Having found the line containing "unfolding process_files" in the data below, reproduce that line and each one after it to the end, exactly, and include nothing else.
***** DATASET EXTRACT *****
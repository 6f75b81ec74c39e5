-- ===== src/Controller/Source/Accounts.antt =====
-- The statistics of each operator are balanced after a source file, and after all of them.
use mathlib.Core.Path.{subst}
use memory_mutation_testing.Base.{
  sym, Option, none, some, List, [], ◌∷◌, ℤ, pos, Bool-cases, Option-cases, inl, inr, ◌==◌, ◌++◌,
}
use memory_mutation_testing.Base.Text.{Bytes}
use memory_mutation_testing.Base.Double.{Double, IsExact}
use memory_mutation_testing.Gstats.Table.{Table}
use memory_mutation_testing.Controller.Mutants.{State}
use memory_mutation_testing.Controller.Fom.Accounts.{IsBalanced}
use memory_mutation_testing.Controller.Evaluate.After.{After, After-bind}
use memory_mutation_testing.Controller.Evaluate.Balance.{Owes}
use memory_mutation_testing.Controller.Evaluate.Balance.Sequence.{evaluate_mutants-After}
use memory_mutation_testing.Controller.Inject.{DirEntry, inject_mutations, initial_state}
use memory_mutation_testing.Controller.Inject.Outcome.{
  inject_mutations-eq-evaluate_mutants, mutants_in, backup,
}
use memory_mutation_testing.Controller.Damage.{Damages, calculate_average_damage}
use memory_mutation_testing.Controller.Source.{
  Session, Printed, printed, file_name, mutants_dir, fresh_files, final_stats, finish_source,
  process_source_file,
}
use memory_mutation_testing.Controller.Source.Balance.{
  Even, derive-IsBalanced, aggregate-IsBalanced, calculate_average_damage-After,
}
use memory_mutation_testing.Controller.Source.Traversal.{process_files}

module _ (F : Double) (T : Table) (c : Bytes) where
  -- The accounts of the operator `c` in a session.
  abbrev pub InBalance : Session F T → Type 0
  InBalance session = IsBalanced T session.state.stats c (pos 0)

  reported :
      (s : State F T) (reports : List (Option (Printed F T))) (m : Option (Damages F T))
      → After (Even F T c) m
      → After InBalance (elim m [
        | none ↦ none
        | some (d, damage) ↦ some (record {
          state = record s { stats = final_stats F T s.result d };
          reports = reports ++ (some (printed F T s.result damage) ∷ []);
        })
      ])
  reported s reports none h = tt
  reported s reports (some (d, damage)) h =
      derive-IsBalanced F T c _ (aggregate-IsBalanced F T c d "total_tests_run" _ h)

  finish_source-After :
      (s : State F T) (reports : List (Option (Printed F T)))
      → Owes F T c (pos 0) s
      → After InBalance (finish_source F T s reports)
  unfolding finish_source
  finish_source-After s reports h = elim (Bool-cases (s.result.total_mutants == 0)) [
    | inl e ↦ rw (e, finish_source) h
    | inr e ↦
        rw (e, finish_source)
          (reported s reports (calculate_average_damage F T s.result s.stats)
            (calculate_average_damage-After F T c s.result s.stats h))
  ]

  -- The state becomes a session.
  ended :
      (m : Option (State F T)) (reports : List (Option (Printed F T)))
      → After (Owes F T c (pos 0)) m
      → After InBalance (elim m [ none ↦ none | some s ↦ finish_source F T s reports ])
  ended none reports h = tt
  ended (some s) reports h = finish_source-After s reports h

  module _ (exact : IsExact F) (put_errors : ℤ) where
    inject_mutations-After :
        (src_dir original : Bytes) (entries : List DirEntry) (s : State F T)
        → Owes F T c (pos 0) s
        → After (Owes F T c (pos 0)) (inject_mutations F T put_errors src_dir original entries s)
    unfolding initial_state
    inject_mutations-After src_dir original entries s h =
        subst (After (Owes F T c (pos 0)))
          (sym (inject_mutations-eq-evaluate_mutants F T put_errors src_dir original entries s))
          (evaluate_mutants-After F T exact c put_errors (backup F T put_errors src_dir original)
            (mutants_in src_dir original entries) (initial_state F T s) h)

    process_source_file-After :
        (cwd path : Bytes) (entries : List DirEntry) (session : Session F T)
        → InBalance session
        → After InBalance (process_source_file F T put_errors cwd path entries session)
    unfolding process_source_file
    process_source_file-After cwd path entries session h = elim (Option-cases (file_name path)) [
      | inl e ↦ rw (e, process_source_file) tt
      | inr (name, e) ↦
          rw (e, process_source_file)
            (ended _ session.reports (
              inject_mutations-After (mutants_dir cwd name) name entries
                (fresh_files F T session.state) h))
    ]

    pub process_files-After :
        (cwd : Bytes) (files : List (Bytes × List DirEntry)) (session : Session F T)
        → InBalance session
        → After InBalance (process_files F T put_errors cwd files session)
    unfolding process_files
    process_files-After cwd [] session h = h
    process_files-After cwd ((path, entries) ∷ rest) session h =
        After-bind InBalance InBalance (process_source_file F T put_errors cwd path entries session)
          (process_files F T put_errors cwd rest) (λ s h'. process_files-After cwd rest s h')
          (process_source_file-After cwd path entries session h)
*****
REPLY:
    unfolding process_files
    process_files-After cwd [] session h = h
    process_files-After cwd ((path, entries) ∷ rest) session h =
        After-bind InBalance InBalance (process_source_file F T put_errors cwd path entries session)
          (process_files F T put_errors cwd rest) (λ s h'. process_files-After cwd rest s h')
          (process_source_file-After cwd path entries session h)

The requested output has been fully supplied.